_Exercise directions_
Consider the entries below. Count the lines holding the string "that" and state the number only.

***** Recorded data

-- ===== src/Vioblk/Reads.antt =====
-- src/kern/vioblk.c: what `vioblk_read` gives.
use illinux.Prelude.{
  ℕ, zero, suc, ◌+◌, ◌-◌, ◌*◌, ◌/◌, ◌%◌, ◌^◌, ◌≤◌, ◌<◌, ◌≡◌, refl, ap, ◌∙◌, true, false, not, ◌||◌,
  ltb, ◌==◌, if◌then◌else◌, arith, inl, inr, Bool-cases,
}
use illinux.Cmd.{Cmd, done, blocked, pure, then_done, ◌>>=◌, ◌>>◌}
use illinux.Errno.{eio, enotsup, Result, ok, err}
use illinux.Mem.{Mem, memcpy, memcpy_lem, within}
use illinux.Vioblk.{
  t_in, Request, Answer, Vioblk, unsigned_sub, operation_single_blk, read_copy, read_blocks,
  vioblk_read, vio_lock_release, vio_lock_acquire, read_locked, assert,
}

-- A device that reads sectors of 512 bytes: it answers a read of one whose buffer it may write with the
-- bytes of the sector and leaves the disk as it is.
pub record IsReadable (D : Type 0) (serve : Request → D → Mem → Answer D) (bytes : D → Mem)
    : Type 0 where
  pub served :
      (r : Request) (d : D) (m : Mem)
      → r.type ≡ t_in
      → r.len ≡ 512
      → r.writable ≡ true
      → let answer = serve r d m in
        (answer.status ≡ 0)
        × (answer.disk ≡ d)
        × ((i : ℕ) → i < 512 → answer.buffer i ≡ bytes d (r.sector * 512 + i))

module _ {D : Type 0} (serve : Request → D → Mem → Answer D) (bytes : D → Mem) where
  -- What a read of `m` sectors into a buffer has done.
  pub record IsRead (dev : Vioblk D) (buf : Mem) (at m : ℕ) (dev' : Vioblk D) (buf' : Mem)
      : Type 0 where
    pub inside : (i : ℕ) → i < m * 512 → buf' (at + i) ≡ bytes dev.disk (dev.bufblkno * 512 + i)
    pub outside : (j : ℕ) → within at (m * 512) j ≡ false → buf' j ≡ buf j
    pub disk : dev'.disk ≡ dev.disk
    pub pos : dev'.pos ≡ (dev.pos + m * 512) % 2 ^ 64
    pub opened : dev'.opened ≡ dev.opened

  abbrev read_request : Vioblk D → Request
  read_request dev = record {
    type = t_in;
    sector = dev.bufblkno % 2 ^ 32;
    len = dev.blksz;
    writable = dev.data_writable || true;
  }

  -- The device after one transfer.
  abbrev transferred : Vioblk D → Vioblk D
  transferred dev =
      let answer = serve (read_request dev) dev.disk dev.blkbuf in
      record dev {
        data_writable = dev.data_writable || true;
        avail_idx = (dev.avail_idx + 1) % 2 ^ 16;
        disk = answer.disk;
        blkbuf = answer.buffer;
      }

  operation_ok :
      IsReadable D serve bytes
      → (dev : Vioblk D) → dev.blksz ≡ 512
      → operation_single_blk serve dev.bufblkno t_in dev ≡ done (ok dev.blksz) (transferred dev)
  unfolding operation_single_blk
  operation_ok law dev size =
      let marked : (dev.data_writable || true) ≡ true = ground arith in
      let good = law.served (read_request dev) dev.disk dev.blkbuf refl size marked in
      let is_ok : ((serve (read_request dev) dev.disk dev.blkbuf).status == 0) ≡ true =
        ground (arith, good.0) in
      ap (λ b. done (if b then ok dev.blksz else err eio) (transferred dev)) is_ok

  -- One round of the loop.
  abbrev after_round : Vioblk D → Vioblk D
  after_round dev = record (transferred dev) {
    bufblkno = dev.bufblkno + 1;
    pos = (dev.pos + dev.blksz) % 2 ^ 64;
  }

  abbrev copied : Vioblk D → Mem → ℕ → Mem
  copied dev buf at = memcpy buf at (transferred dev).blkbuf 0 dev.blksz

  read_blocks_step :
      IsReadable D serve bytes
      → (fuel : ℕ) (buf : Mem) (at left : ℕ) (dev : Vioblk D) → dev.blksz ≡ 512
      → read_blocks serve (suc fuel) buf at (suc left) dev
        ≡ read_blocks serve fuel
            (copied dev buf at)
            (at + dev.blksz)
            (unsigned_sub (suc left) dev.blksz)
            (after_round dev)
  unfolding read_blocks read_copy
  read_blocks_step law fuel buf at left dev size =
      then_done (operation_single_blk serve dev.bufblkno t_in)
        (λ (result : Result ℕ). elim result [
          | err e ↦ pure (buf, err eio)
          | ok n ↦ read_copy serve buf at >>= λ next.
              read_blocks serve fuel next (at + n) (unsigned_sub (suc left) n)
        ])
        (operation_ok law dev size)

  copied_inside :
      (dev : Vioblk D) (buf : Mem) (at i : ℕ)
      → i < dev.blksz
      → copied dev buf at (at + i) ≡ (transferred dev).blkbuf i
  copied_inside dev buf at i lt =
      let m = (transferred dev).blkbuf in
      let hit : within at dev.blksz (at + i) ≡ true = ground (arith, lt) in
      memcpy_lem buf at m 0 dev.blksz (at + i) ∙ rw hit (ap m (omega arith))

  copied_outside :
      (dev : Vioblk D) (buf : Mem) (at j : ℕ)
      → within at dev.blksz j ≡ false
      → copied dev buf at j ≡ buf j
  copied_outside dev buf at j out =
      memcpy_lem buf at (transferred dev).blkbuf 0 dev.blksz j ∙ rw out refl

  read_blocks_end :
      (fuel : ℕ) (buf : Mem) (at : ℕ) (dev : Vioblk D)
      → read_blocks serve (suc fuel) buf at 0 dev ≡ done (buf, ok at) dev
  unfolding read_blocks
  read_blocks_end fuel buf at dev = refl

  -- With more fuel than sectors, the loop reads them all.
  pub read_blocks_lem :
      IsReadable D serve bytes
      → (m fuel : ℕ) (buf : Mem) (at : ℕ) (dev : Vioblk D) → dev.blksz ≡ 512
      → m < fuel
      → dev.bufblkno + m ≤ 2 ^ 32
      → m * 512 < 2 ^ 64
      → dev.pos < 2 ^ 64
      → (dev' : Vioblk D) × (buf' : Mem) × (read_blocks serve fuel buf at (m * 512) dev
          ≡ done (buf', ok (at + m * 512)) dev')
        × IsRead dev buf at m dev' buf'
  read_blocks_lem law m zero buf at dev size lt small fits in64 = absurd (omega (arith, lt))
  read_blocks_lem law zero (suc fuel) buf at dev size lt small fits in64 = (
    dev,
    buf,
    read_blocks_end fuel buf at dev ∙ ap (λ n. done (buf, ok n) dev) (omega arith),
    record {
      inside = λ i h. absurd (omega (arith, h));
      outside = λ j h. refl;
      disk = refl;
      pos = omega (arith, in64);
      opened = refl;
    },
  )
  read_blocks_lem law (suc m) (suc fuel) buf at dev size lt small fits in64 =
      let dev1 = after_round dev in
      let buf1 = copied dev buf at in
      let marked : (dev.data_writable || true) ≡ true = ground arith in
      let (good, same, content) =
        law.served (read_request dev) dev.disk dev.blkbuf refl size marked in
      let (dev', buf', run, did) =
        read_blocks_lem law m fuel buf1 (at + dev.blksz) dev1 size (omega (arith, lt))
          (omega (arith, small)) (omega (arith, fits)) (omega arith) in
      (
        dev',
        buf',
        ap (λ n. read_blocks serve (suc fuel) buf at n dev) (omega arith)
            ∙ read_blocks_step law fuel buf at (m * 512 + 511) dev size
            ∙ ap (λ n. read_blocks serve fuel buf1 (at + dev.blksz) n dev1)
                (omega (arith, size, fits))
            ∙ run
            ∙ ap (λ n. done (buf', ok n) dev') (omega (arith, size)),
        record {
          inside = λ i h. elim (Bool-cases (ltb i 512)) [
            | inl e ↦
                let first : i < 512 = ground (arith, e) in
                let sector : dev.bufblkno % 2 ^ 32 ≡ dev.bufblkno = omega (arith, small) in
                did.outside (at + i) (ground (arith, size, first))
                ∙ copied_inside dev buf at i (omega (arith, size, first))
                ∙ content i first
                ∙ ap (λ b. bytes dev.disk (b * 512 + i)) sector
            | inr e ↦
                let later : 512 ≤ i = ground (arith, e) in
                ap buf' (omega (arith, size, later))
                ∙ did.inside (i - 512) (omega (arith, h, later))
                ∙ ap (λ d. bytes d ((dev.bufblkno + 1) * 512 + (i - 512))) same
                ∙ ap (bytes dev.disk) (omega (arith, later))
          ];
          outside = λ j h.
              did.outside j (ground (arith, size, h))
              ∙ copied_outside dev buf at j (ground (arith, size, h));
          disk = did.disk ∙ same;
          pos = did.pos ∙ omega (arith, size);
          opened = did.opened;
        },
      )

  -- The device where `vioblk_read` starts its loop.
  abbrev started : Vioblk D → Vioblk D
  started dev = record dev { bufblkno = dev.pos / dev.blksz; vio_lock = true }

  abbrev read_tests : ℕ → Mem → ℕ → ℕ → Cmd (Vioblk D) (Mem × Result ℕ)
  read_tests fuel buf bufsz blksz =
      if bufsz == 0
      then pure (buf, ok 0)
      else if not (bufsz % blksz == 0)
      then pure (buf, err enotsup)
      else read_locked serve fuel buf bufsz

  vioblk_read_runs :
      (fuel : ℕ) (buf : Mem) (bufsz : ℕ) (r : Mem × Result ℕ) (dev dev' : Vioblk D)
      → dev.opened ≡ true
      → (bufsz == 0) ≡ false
      → (bufsz % dev.blksz == 0) ≡ true
      → dev.vio_lock ≡ false
      → read_blocks serve fuel buf 0 bufsz (started dev) ≡ done r dev'
      → vioblk_read serve fuel buf bufsz dev ≡ done r (record dev' { vio_lock = false })
  unfolding vioblk_read
  vioblk_read_runs fuel buf bufsz r dev dev' op nonzero whole free run =
      let dev0 : Vioblk D = record dev { bufblkno = dev.pos / dev.blksz } in
      let is_open : assert serve dev0.opened dev0 ≡ done tt dev0 =
        ap (λ b. assert serve b dev0) op in
      let locked : vio_lock_acquire serve dev0 ≡ done tt (started dev) =
        ap (λ b. if b then blocked else done tt (started dev)) free in
      then_done (assert serve dev0.opened) (λ _. read_tests fuel buf bufsz dev.blksz) {s = dev0}
        is_open
      ∙ rw (read_tests, nonzero, whole)
          (then_done (vio_lock_acquire serve)
              (λ _. read_blocks serve fuel buf 0 bufsz >>= λ x. vio_lock_release serve >> pure x)
              {s = dev0} locked
            ∙ then_done (read_blocks serve fuel buf 0 bufsz) (λ x. vio_lock_release serve >> pure x)
                {s = started dev} run)

  -- Let the blocks of the device have 512 bytes, which is the size of a sector. A read of `m` sectors, at least
  -- one, with more fuel than sectors, all of them below sector 2^32, and a position and a length below
  -- 2^64, from an open device whose lock is free returns their length and fills the buffer with the bytes of the disk from the sector of the position on, wherever
  -- in the sector that is; it moves the position by the length and leaves the disk as it is and the lock free.
  pub vioblk_read_lem :
      IsReadable D serve bytes
      → (m fuel : ℕ) (buf : Mem) (dev : Vioblk D) → dev.blksz ≡ 512
      → dev.opened ≡ true
      → dev.vio_lock ≡ false
      → 0 < m
      → m < fuel
      → dev.pos / 512 + m ≤ 2 ^ 32
      → m * 512 < 2 ^ 64
      → dev.pos < 2 ^ 64
      → (dev' : Vioblk D) × (buf' : Mem) × (vioblk_read serve fuel buf (m * 512) dev
          ≡ done (buf', ok (m * 512)) dev')
        × ((i : ℕ) → i < m * 512 → buf' i ≡ bytes dev.disk (dev.pos / 512 * 512 + i))
        × (dev'.pos ≡ (dev.pos + m * 512) % 2 ^ 64)
        × (dev'.disk ≡ dev.disk)
        × (dev'.vio_lock ≡ false)
  vioblk_read_lem law m fuel buf dev size op free some_left lt small fits in64 =
      let sector : dev.pos / dev.blksz ≡ dev.pos / 512 = ap (λ z. dev.pos / z) size in
      let (dev', buf', run, did) =
        read_blocks_lem law m fuel buf 0 (started dev) size lt (omega (arith, sector, small)) fits
          in64 in
      let nonzero : (m * 512 == 0) ≡ false = ground (arith, some_left) in
      let aligned : m * 512 % 512 ≡ 0 = omega arith in
      let whole : (m * 512 % dev.blksz == 0) ≡ true =
        ap (λ z. m * 512 % z == 0) size ∙ ap (λ z. z == 0) aligned in
      (
        record dev' { vio_lock = false },
        buf',
        vioblk_read_runs fuel buf (m * 512) (buf', ok (0 + m * 512)) dev dev' op nonzero whole free
              run
            ∙ ap (λ n. done (buf', ok n) (record dev' { vio_lock = false })) (omega arith),
        λ i h.
            ap buf' (omega arith) ∙ did.inside i h ∙ ap (λ b. bytes dev.disk (b * 512 + i)) sector,
        did.pos,
        did.disk,
        refl,
      )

**********

_Solution below_
2